Exercise 10.6

Proof. If we let $C=A-B$, then clearly $A=C\cup B$. If $C$ were countable then $A=C\cup B$ would be countable by Theorem 7.5 since $B$ is also countable. Since we know that $A$ is uncountable it, therefore, must be that $C=A-B$ is uncountable as well. □

Proof. Suppose to the contrary that $S_{\mathrm{\Omega }}$ does have a largest element $\alpha$. Then, for any $x\in S_{\mathrm{\Omega }}$, we have that $x\le \alpha$. Hence either $x\in \left\{y\in S_{\mathrm{\Omega }}\mid y<\alpha \right\}=S_{\alpha }$ or $x=\alpha$. Therefore $S_{\mathrm{\Omega }}=S_{\alpha }\cup \left\{\alpha \right\}$ since clearly both $S_{\alpha }$ and $\left\{\alpha \right\}$ are both subsets of $S_{\mathrm{\Omega }}$. Now since $S_{\alpha }$ is a section of $S_{\mathrm{\Omega }}$, it is countable. Since $\left\{\alpha \right\}$ is also clearly countable, it follows from Theorem 7.5 that their union $S_{\alpha }\cup \left\{\alpha \right\}=S_{\mathrm{\Omega }}$ is countable. But this contradicts the fact that $S_{\mathrm{\Omega }}$ is uncountable! Hence it has to be that $S_{\mathrm{\Omega }}$ has no largest element as desired. □

Proof. Consider any $\alpha \in S_{\mathrm{\Omega }}$. Let $T_{\alpha }=\left\{x\in S_{\mathrm{\Omega }}\mid \alpha <x\right\}$ so that we must show that $T_{\alpha }$ is uncountable. Let ${\overline{S}}_{\alpha }=S_{\alpha }\cup \left\{\alpha \right\}$ so that clearly we have that ${\overline{S}}_{\alpha }=\left\{x\in S_{\mathrm{\Omega }}\mid x\le \alpha \right\}$. It is then easy to show that $T_{\alpha }=S_{\mathrm{\Omega }}-{\overline{S}}_{\alpha }$. Now, since $S_{\alpha }$ is a section of $S_{\mathrm{\Omega }}$, it is countable so that clearly ${\overline{S}}_{\alpha }=S_{\alpha }\cup \left\{\alpha \right\}$ is also countable by Theorem 7.5. Then, since $S_{\mathrm{\Omega }}$ itself is uncountable, it follows that $T_{\alpha }=S_{\mathrm{\Omega }}-{\overline{S}}_{\alpha }$ is also uncountable by Lemma 1 . □

Proof. First, we show that $X_0$ is not bounded above. Assume the contrary so that $\alpha \in S_{\mathrm{\Omega }}$ is an upper bound of $X_0$. It then follows that the set $T_{\alpha }=\left\{x\in S_{\mathrm{\Omega }}\mid \alpha <x\right\}$ is such that every element of $T_{\alpha }$ has an immediate predecessor since otherwise there would be a $\beta \in T_{\alpha }$ where $\beta \in X_0$ so that $\alpha$ would not be an upper bound of $X_0$ since then $\alpha <\beta$.

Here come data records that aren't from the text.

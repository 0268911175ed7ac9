-- ===== src/Engine/History.antt =====
-- What the engine of engine.rs has been through: the packets that it received, latest first, each
-- with the numbers that the call drew.
use mac_os_sstp_client.Prelude.{
  ◌≡◌, ◌⊎◌, List, [], ◌∷◌, Option, none, some, true, false, length, Bytes, All,
}
use mac_os_sstp_client.Prelude.Text.{Str}
use mac_os_sstp_client.Prelude.Crypto.{Crypto}
use mac_os_sstp_client.Packet.{Packet, data_packet, ctrl}
use mac_os_sstp_client.Ppp as Ppp
use mac_os_sstp_client.ChapFsm as ChapFsm
use mac_os_sstp_client.ChapFsm.{PendingResponse, verify_success, parse_challenge}
use mac_os_sstp_client.Chap.{generate_nt_response}
use mac_os_sstp_client.Mppe.{MppeKeys, mppe_get_keys}
use mac_os_sstp_client.Engine.State.{EngineEvent, established, Engine, Draws, Outcome, done, panic}
use mac_os_sstp_client.Engine.Handlers.{on_packet}

abbrev pub Entry : Type 0
Entry = Draws × Packet

-- The CHAP frame that a packet carries.
abbrev pub chap_payload : Ppp.Protocol → Bytes → Option ChapFsm.Frame
chap_payload Ppp.chap payload = ChapFsm.decode payload
chap_payload _ payload = none

abbrev pub chap_frame : Packet → Option ChapFsm.Frame
chap_frame (ctrl m attrs) = none
chap_frame (data_packet frame) = elim (Ppp.decode frame) [
  | none ↦ none
  | some (proto, payload) ↦ chap_payload proto payload
]

abbrev pub IsChallengeFrame : ChapFsm.Frame → Bytes → Type 0
IsChallengeFrame f value =
    (f.code ≡ ChapFsm.challenge)
    × ((info : ChapFsm.ChallengeInfo) × (parse_challenge f ≡ some info) × (info.value ≡ value))

module _ (c : Crypto) (username password : Str) where
  -- The packet is a challenge of 16 bytes, and `p` is our answer to it, made from the peer
  -- challenge that the call drew.
  abbrev pub IsAnswer : Entry → PendingResponse → Bytes → Type 0
  IsAnswer (draws, pkt) p value =
      (f : ChapFsm.Frame) × (chap_frame pkt ≡ some f)
      × IsChallengeFrame f value
      × (length value ≡ 16)
      × (p.peer_challenge ≡ draws.peer_challenge)
      × (p.nt_response ≡ generate_nt_response c value draws.peer_challenge username password)

  abbrev pub Answered : List Entry → PendingResponse → Bytes → Type 0
  Answered [] p value = ⊥
  Answered (e ∷ h) p value = IsAnswer e p value ⊎ Answered h p value

  -- The packet is a Success message whose text verifies against an answer that we gave before it,
  -- and `k` are the keys of that answer.
  abbrev pub IsProof : Entry → List Entry → MppeKeys → Type 0
  IsProof (draws, pkt) h k =
      (f : ChapFsm.Frame) × (p : PendingResponse) × (value : Bytes) × (chap_frame pkt ≡ some f)
      × (f.code ≡ ChapFsm.success)
      × Answered h p value
      × (verify_success c f.payload password p value username ≡ true)
      × (k ≡ mppe_get_keys c password p.nt_response false)

  abbrev pub Authenticated : List Entry → MppeKeys → Type 0
  Authenticated [] k = ⊥
  Authenticated (e ∷ h) k = IsProof e h k ⊎ Authenticated h k

  -- What holds of the engine after that history.
  abbrev pub PendingOk : List Entry → Option PendingResponse → Option Bytes → Type 0
  PendingOk h none value = Unit {0}
  PendingOk h (some p) none = ⊥
  PendingOk h (some p) (some value) = Answered h p value

  abbrev pub KeysOk : List Entry → Option MppeKeys → Type 0
  KeysOk h none = Unit {0}
  KeysOk h (some k) = Authenticated h k

  pub record IsValid (h : List Entry) (e : Engine) : Type 0 where
    pub same_username : e.username ≡ username
    pub same_password : e.password ≡ password
    pub pending_ok : PendingOk h e.pending_chap e.auth_challenge
    pub keys_ok : KeysOk h e.mppe_keys

  -- An `Established` event carries keys that were authenticated.
  abbrev pub EventOk : List Entry → EngineEvent → Type 0
  EventOk h (established negotiated keys) = Authenticated h keys
  EventOk h _ = Unit {0}

  abbrev pub OutcomeOk : List Entry → Outcome → Type 0
  OutcomeOk h (done e events) = IsValid h e × All (EventOk h) events
  OutcomeOk h panic = Unit {0}

-- The engine after a history, with the events of the latest call.
pub data Reach (c : Crypto) (start : Engine) : List Entry → Engine → List EngineEvent → Type 0 where
  here : Reach c start [] start []
  next :
      {h : List Entry} {e e' : Engine} {before events : List EngineEvent}
      → (draws : Draws) (pkt : Packet) → Reach c start h e before
      → on_packet c draws e pkt ≡ done e' events
      → Reach c start ((draws, pkt) ∷ h) e' events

Now, we know from part (a) that $S_{\mathrm{\Omega }}$ has no largest element so it follows from Exercise 10.2 that every element of $S_{\mathrm{\Omega }}$ has an immediate successor. Since $T_{\alpha }\subset S_{\mathrm{\Omega }}$ it follows that each element $x\in T_{\alpha }$ has an immediate successor $y$. Moreover, we then have that $\alpha <x<y$ so that $y\in T_{\alpha }$ also. Hence every element of $T_{\alpha }$ has an immediate successor in $T_{\alpha }$.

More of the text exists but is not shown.